NIMBUS has also developed drones that can measure the height of crops, which allow scientists to study crop health and reaction to environmental factors. Flying close to crops, the drone uses a 2-D laser scanner to estimate crop height. Scientists here are also developing a drone that can pick leaves off crops so that they can be analyzed for crop health or to determine the identity of a weed.
The Nebraska lab’s drone-mounted water sampling system can monitor water quality, locate toxic algae and find invasive species in hard to access areas. The drone uses a one-meter long tube to suck up water as it flies over the water body. The water is stored in vials on the drone and is measured for temperature and salinity. Some day drones could potentially carry miniaturized genetic sequencing instruments that would enable them to analyze the DNA in the samples to identify disease, and endangered or invasive species.

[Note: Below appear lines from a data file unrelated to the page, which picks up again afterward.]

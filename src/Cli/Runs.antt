-- ===== src/Cli/Runs.antt =====
-- src/mergemate/cli.py: the commands `run`, `chat` and `resume`, over the use cases and the repositories.
-- The lines that a user types are a list; behind its end, `input` raises EOFError.
pub mod History
use merge_mate.Base.{
  ℕ, String, Bool, true, false, not, ◌&&◌, ◌||◌, Option, none, some, List, [], ◌∷◌, ◌++◌, ◌≡◌, ◌⊎◌,
  inl, inr, if◌then◌else◌, str_eq, text_append,
}
use merge_mate.Base.Texts.{join}
use merge_mate.Config.{AppConfig}
use merge_mate.Domain.Status.{value, same, awaiting_confirmation}
use merge_mate.Domain.Runs.{ChatId, positive, AgentRun, Decision}
use merge_mate.Persistence.RunRepository.{list_for_chat, get_latest_non_terminal_for_chat, approve}
use merge_mate.World.{World, Action, Error, value_error, other, on_runs}
use merge_mate.Application.Submission.{Setup, SubmitPromptResult, execute}
use merge_mate.Application.RunStatus.{RunStatusSnapshot}
use merge_mate.Cli.Shell.{
  Shell, Line, Result, returned, exits, failed_with, running, Command, pure, exit, gets, call,
  continue, echo, echo_to, ◌>>=◌, ◌>>◌,
}
use merge_mate.Cli.Sessions.{resolve_session_chat_id, resolve_workflow, with_auto_approve}
use merge_mate.Cli.Prints.{
  Terminal, raise, has_text, text_or, echo_if, preview, print_run_result,
  print_session_resume_summary, print_conversation_history,
}
use merge_mate.Cli.Polls.{poll_run}

-- The options that the commands share; times are in one unit. `fuel` bounds the polls of a run.
pub record Options : Type 0 where
  pub session : Option String
  pub agent : Option String
  pub workflow : Option String
  pub timeout : Option ℕ
  pub poll_interval : ℕ
  pub fuel : ℕ

module _ (t : Terminal) where
  open t use {setup, settings, printer, sleep}

  -- `submit_prompt.execute`, with the settings as they are.
  unfoldable pub submit : ChatId → String → String → String → Command SubmitPromptResult
  submit chat agent workflow prompt s =
      call
        (execute (record setup { require_confirmation = s.require_confirmation }) chat (positive 0)
          agent workflow prompt)
        s

  module _ (o : Options) where
    unfoldable pub chat_of : ChatId
    chat_of = resolve_session_chat_id t.digest t.bits o.session

    unfoldable pub agent_of : String
    agent_of = text_or o.agent settings.default_agent

    abbrev pub or_no_workflow : String ⊎ String → Command String
    or_no_workflow (inl workflow) = pure workflow
    or_no_workflow (inr text) = raise (record { kind = value_error; text = text })

    unfoldable pub workflow_of : Command String
    workflow_of = or_no_workflow (resolve_workflow settings agent_of o.workflow)

    -- `submit_prompt.execute` while the confirmation is off, and the run of it when it has ended.
    unfoldable pub wait_for : String → Command RunStatusSnapshot
    wait_for id = poll_run sleep o.poll_interval id o.fuel o.timeout

    unfoldable pub submitted : Bool → String → SubmitPromptResult → Command (Unit {0})
    submitted quiet workflow r =
        let banner =
          echo (text_append "Run ID: " r.run_id)
          >> echo (text_append "Workflow: " workflow)
          >> echo (join "" ("Estimated duration: ~" ∷ printer.number r.estimate_seconds ∷ "s" ∷ []))
          >> echo_if t (has_text r.plan_text) false
              (text_append "\nPlan:\n" (printer.slice 300 (text_or r.plan_text ""))) in
        if quiet then pure tt else banner

    -- `run_cli`
    unfoldable pub run_cli : String → Bool → Command (Unit {0})
    unfolding submitted wait_for
    run_cli prompt quiet = do
      workflow ← workflow_of
      print_session_resume_summary t chat_of
      result ← with_auto_approve (submit chat_of agent_of workflow prompt)
      submitted quiet workflow result
      snapshot ← wait_for result.run_id
      print_run_result t snapshot.run quiet

    -- One line that a user typed, which is neither empty nor the end.
    unfoldable pub turn : String → String → Command (Unit {0})
    unfolding wait_for
    turn workflow prompt = do
      result ← submit chat_of agent_of workflow prompt
      echo (
          join "" (
            "  [Run "
            ∷ printer.slice 8 result.run_id
            ∷ "] ~"
            ∷ printer.number result.estimate_seconds
            ∷ "s ..."
            ∷ []))
      echo_if t (has_text result.plan_text) false
          (join "" ("  Plan: " ∷ preview t 200 (text_or result.plan_text "") ∷ "..." ∷ []))
      snapshot ← wait_for result.run_id
      print_run_result t snapshot.run false

    unfoldable pub chat_loop : String → List String → Command (Unit {0})
    unfolding turn
    chat_loop workflow [] = echo ""
    chat_loop workflow (typed ∷ rest) =
        let line = printer.strip typed in
        let left = str_eq (printer.lower line) "exit" || str_eq (printer.lower line) "quit" in
        let later = chat_loop workflow rest in
        let taken = turn workflow line >> later in
        if left then pure tt else if str_eq line "" then later else taken

    -- `chat_cli`
    unfoldable pub chat_cli : List String → Command (Unit {0})
    unfolding chat_loop
    chat_cli typed = do
      workflow ← workflow_of
      print_session_resume_summary t chat_of
      print_conversation_history t chat_of
      echo (join "" ("MergeMate chat session [" ∷ text_or o.session "(anonymous)" ∷ "]" ∷ []))
      echo "Type \"exit\" or \"quit\" to leave."
      with_auto_approve (chat_loop workflow typed)

    -- `resume_cli`
    unfoldable pub latest_summary : List AgentRun → Command (Unit {0})
    latest_summary [] = pure tt
    latest_summary (run ∷ runs) = echo "--- Latest run summary ---" >> print_run_result t run false

    unfoldable pub approve_waiting : AgentRun → Command (Unit {0})
    approve_waiting run s =
        let approved = call (on_runs (λ now. approve now run.run_id)) >>= λ (d : Decision).
        echo "Approved pending run; waiting for execution to continue..." in
        if same run.status awaiting_confirmation then approved s else (returned tt, s)

    unfoldable pub resuming : AgentRun → String
    resuming run = join "" (
        "Resuming session \""
        ∷ text_or o.session ""
        ∷ "\" with run "
        ∷ printer.slice 8 run.run_id
        ∷ "..."
        ∷ [])

    unfoldable pub resume_run : Option AgentRun → Command (Unit {0})
    unfolding latest_summary approve_waiting wait_for
    resume_run none = do
      runs ← gets (λ (s : Shell). list_for_chat chat_of (some 1) s.world.runs)
      latest_summary runs
      print_conversation_history t chat_of
      echo_to true
          (join "" ("No incomplete run found for session \"" ∷ text_or o.session "" ∷ "\"." ∷ []))
      exit 1
    resume_run (some run) = do
      echo (resuming run)
      print_session_resume_summary t chat_of
      print_conversation_history t chat_of
      approve_waiting run
      snapshot ← wait_for run.run_id
      print_run_result t snapshot.run false

    unfoldable pub resume_cli : Command (Unit {0})
    unfolding resume_run
    resume_cli s = resume_run (get_latest_non_terminal_for_chat chat_of s.world.runs) s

NIMBUS is also working on a drone that can fly to a remote sensor, determine if its battery needs to be recharged and wirelessly recharge it. Since drones could do this repeatedly, they can keep all sensors operating continuously so no data is lost. Scientists are also exploring a drone that can retrieve data from underwater ocean sensors that are able to surface.
Like the NIMBUS scientists, Zappa is a pioneer pushing the boundaries of drone capabilities. He would one day like drones to be able to fly over the ocean and measure atmospheric gases with precision. He dreams of fleets of drones with different payloads flying in formation, and he has a vision for a hybrid system combining a drone with an underwater vehicle that could fly, land on the ocean, become a submersible and sample underwater, then surface, take off and sample the atmosphere.
Drones are constantly being improved—being made smaller, cheaper and more capable. But while they have tremendous potential for scientific research, they have some drawbacks. Smaller ones cannot fly out of the controller’s line of sight, limiting the size of the area that can be studied. Larger ones need a lot of people to run them and serious technical expertise to fly them. There is also the risk of losing a drone through accidents. And because drone use in science is still in its infancy, scientists are building the guidelines as they go, finding their way programmatically, with funding agencies and with restrictions on flying them.
“What’s beautiful about drones is they do provide a new territory for making measurements which was not possible before,” said Zappa. “But you still want to use the best possible instrument and platform for whatever experiment you’re doing…. sometimes it would be the UAV, sometimes not…You want to identify the tool that’s most useful for your science goal.”